> _YOUR ASSIGNMENT_: Below are some records. Pull every line that contains the word "refl".
◇ ◇ ◇ ◇
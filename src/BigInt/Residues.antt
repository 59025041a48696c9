-- ===== src/BigInt/Residues.antt =====
-- Laws of products, powers and bits modulo a number, for modpow.
use native.Mathlib.Nat.{
  pow-succ', pow-zero, zero-add, suc-add, one-le-pow, mod-lt, add-mul-mod_self_left, div-add-mod,
  mul_assoc, mul_comm,
}
use nimble_cas.Prelude.{ℕ, zero, suc, ◌+◌, ◌*◌, ◌/◌, ◌%◌, ◌^◌, ◌≤◌, ◌≡◌, refl, ap, sym, ◌∙◌, arith}
use nimble_cas.Prelude.Int.{pos, ◌*ℤ◌}
use nimble_cas.Prelude.Arith.{mul_le_mul}
use nimble_cas.BigInt.Division.{mod_unique}

pub mul-mod-mod : (a b m : ℕ) → a * (b % m) % m ≡ a * b % m
mul-mod-mod a b m =
    sym (add-mul-mod_self_left (a * (b % m)) m (a * (b / m)))
    ∙ ap (λ (t : ℕ). t % m) (omega (arith, ap (λ (t : ℕ). a * t) (div-add-mod b m)))

pub mod-mul-mod : (a b m : ℕ) → (a % m) * (b % m) % m ≡ a * b % m
mod-mul-mod a b m =
    mul-mod-mod (a % m) b m
    ∙ ap (λ (t : ℕ). t % m) (mul_comm (a % m) b)
    ∙ mul-mod-mod b a m
    ∙ ap (λ (t : ℕ). t % m) (mul_comm b a)

pub pow-add : (a m n : ℕ) → a ^ (m + n) ≡ a ^ m * a ^ n
pow-add a zero n = rw (zero-add, pow-zero) (omega arith)
pow-add a (suc m) n =
    rw (suc-add, pow-succ', pow-succ') (rw (pow-add a m n) (sym (mul_assoc a (a ^ m) (a ^ n))))

-- The low n + 1 bits of x: bit n, and the n bits below it.
pub low_bits-suc : (x n : ℕ) → x % 2 ^ suc n ≡ x / 2 ^ n % 2 * 2 ^ n + x % 2 ^ n
low_bits-suc x n =
    let p : ℕ = 2 ^ n in
    let r_lt = mod-lt x {m = p} (one-le-pow n 2 (omega arith)) in
    let split = div-add-mod x p in
    let halves : p * (x / p) ≡ p * (2 * (x / p / 2) + x / p % 2) =
      ap (λ (t : ℕ). p * t) (omega arith) in
    let bit : x / p % 2 * p ≤ 1 * p = mul_le_mul (x / p % 2) 1 p p (omega arith) (omega arith) in
    let two : 2 ^ suc n ≡ 2 * p = pow-succ' 2 n in
    rw two
      (sym (mod_unique x (2 * p) (x / p / 2) (x / p % 2 * p + x % p) (omega arith) (omega arith)))

pub pos-* : (m n : ℕ) → pos m *ℤ pos n ≡ pos (m * n)
unfolding ◌*ℤ◌
pos-* m n = refl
◇ ◇ ◇ ◇
> _RESPONSE BELOW_:
use nimble_cas.Prelude.{ℕ, zero, suc, ◌+◌, ◌*◌, ◌/◌, ◌%◌, ◌^◌, ◌≤◌, ◌≡◌, refl, ap, sym, ◌∙◌, arith}
pos-* m n = refl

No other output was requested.